ABOUT THIS TASK:
Copy each line from the entries that the word "synch" appears in.

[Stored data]

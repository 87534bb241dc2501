-- ===== src/Blob/Service.antt =====
-- application/services/blob-service.ts: staging an upload, the compensation of a failed one, and the
-- deletion of a blob by a client. Calls of other parts are listed as `Call`s, in their order.
use synch.Common.{
  ℕ, ◌+◌, String, ◌==◌, Bool, true, false, not, ◌&&◌, Option, none, some, List, [], ◌∷◌, Error,
  Result, ok, err, vault_mismatch, invalid_token, ◌>>=◌, ◌>>◌, guard, if◌then◌else◌, is_some, max,
}
use synch.Common
use synch.Domain.BlobPolicy.{
  staged, same_state, BlobStageDecision, sync_paused, rejected, stage, StageRejection,
  file_too_large, blob_already_live, blob_size_changed, quota_exceeded,
}
use synch.Domain.BlobGcPolicy.{is_blob_pinned}
use synch.Storage.Rows.{Database, BlobRow}
use synch.Storage.State.{read_sync_pause, read_vault_id}
use synch.Storage.References.{read_blob_reference_facts}
use synch.Storage.Blobs.{read_blob, delete_blob_record}
use synch.Blob.Records.{stage_blob_record, account_for_deleted_blobs}

pub data Call : Type 0 where
  schedule_gc_at : ℕ → ℕ → Call
  schedule_summary_flush : Call
  flush_health_summary_at : ℕ → Call
  notify_storage_status : Call
  close_all_sockets : ℕ → Call
  delete_object : String → Call

-- `LEGACY_PAUSE_QUOTA_COMPATIBILITY`, while sockets are kept open on a pause.
abbrev pub legacy_pause_quota_compatibility : Bool
legacy_pause_quota_compatibility = true

abbrev pub to_error : StageRejection → Error
to_error (file_too_large limit size) = Common.file_too_large limit size
to_error (blob_already_live size) = Common.blob_already_live
to_error (blob_size_changed previous size) = Common.blob_size_changed previous size
to_error (quota_exceeded limit size used) = Common.quota_exceeded limit size used

-- What follows the staging transaction: the error thrown, if any, and the calls made.
abbrev pub after_stage : ℕ → ℕ → BlobStageDecision → Option Error × List Call
after_stage now grace (rejected r) = (some (to_error r), [])
after_stage now grace (sync_paused reason) = (
  some Common.sync_paused,
  if legacy_pause_quota_compatibility then [] else close_all_sockets 1013 ∷ [],
)
after_stage now grace (stage delta) =
    (none, schedule_gc_at (now + grace) now ∷ notify_storage_status ∷ [])

-- The transaction is committed also where the service goes on to throw. The token's check is
-- the caller's argument.
pub record StageOutcome : Type 0 where
  pub db : Database
  pub error : Option Error
  pub calls : List Call

unfoldable pub stage_blob : Bool → String → ℕ → ℕ → ℕ → Database → StageOutcome
stage_blob token_ok blob_id size now grace db =
    if token_ok
    then elim (stage_blob_record blob_id size now (now + grace) db) [
      | err e ↦ record { db = db; error = some e; calls = [] }
      | ok r ↦ record {
        db = r.1;
        error = (after_stage now grace r.0).0;
        calls = (after_stage now grace r.0).1;
      }
    ]
    else record { db = db; error = some invalid_token; calls = [] }

abbrev pub abort_calls : ℕ → Option BlobRow → List Call
abort_calls now none = []
abort_calls now (some blob) = elim blob.delete_after [
  | none ↦ []
  | some at ↦ if same_state blob.state staged then schedule_gc_at (max now at) now ∷ [] else []
]

-- The compensation of a failed upload keeps the record, and only asks for a collection.
unfoldable pub abort_staged_blob : String → String → ℕ → Database → Result (List Call)
abort_staged_blob vault_id blob_id now db = elim (read_vault_id db) [
  | none ↦ err vault_mismatch
  | some v ↦
      if v == vault_id then ok (abort_calls now (read_blob blob_id db)) else err vault_mismatch
]

-- `deleteBlob` up to its wait for the object store: an error, nothing to do, or the object to delete
-- and whether there is a record to delete after it.
pub data DeletePlan : Type 0 where
  refused : Error → DeletePlan
  kept : DeletePlan
  delete_object_then : Bool → DeletePlan

unfoldable pub delete_blob_plan : Bool → String → ℕ → Database → DeletePlan
delete_blob_plan token_ok blob_id now db =
    if not token_ok
    then refused invalid_token
    else if is_some (read_sync_pause db)
    then refused Common.sync_paused
    else if is_some (read_blob blob_id db)
        && is_blob_pinned (read_blob_reference_facts blob_id now db)
    then kept
    else delete_object_then (is_some (read_blob blob_id db))

-- The transaction after the object is gone.
unfoldable pub delete_blob_finish : String → Database → Database
unfolding account_for_deleted_blobs
delete_blob_finish blob_id db =
    let gone = delete_blob_record blob_id none db in account_for_deleted_blobs gone.0 gone.1

-- `deleteBlob` with nothing happening while it waits.
unfoldable pub delete_blob : Bool → String → ℕ → Database → Database × List Call
delete_blob token_ok blob_id now db = elim (delete_blob_plan token_ok blob_id now db) [
  | refused e ↦ (db, [])
  | kept ↦ (db, [])
  | delete_object_then had_record ↦
      if had_record
      then (
        delete_blob_finish blob_id db,
        delete_object blob_id ∷ schedule_summary_flush ∷ notify_storage_status ∷ [],
      )
      else (db, delete_object blob_id ∷ [])
]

SOLUTION BELOW:
use synch.Common.{
use synch.Common
use synch.Domain.BlobPolicy.{
use synch.Domain.BlobGcPolicy.{is_blob_pinned}
use synch.Storage.Rows.{Database, BlobRow}
use synch.Storage.State.{read_sync_pause, read_vault_id}
use synch.Storage.References.{read_blob_reference_facts}
use synch.Storage.Blobs.{read_blob, delete_blob_record}
use synch.Blob.Records.{stage_blob_record, account_for_deleted_blobs}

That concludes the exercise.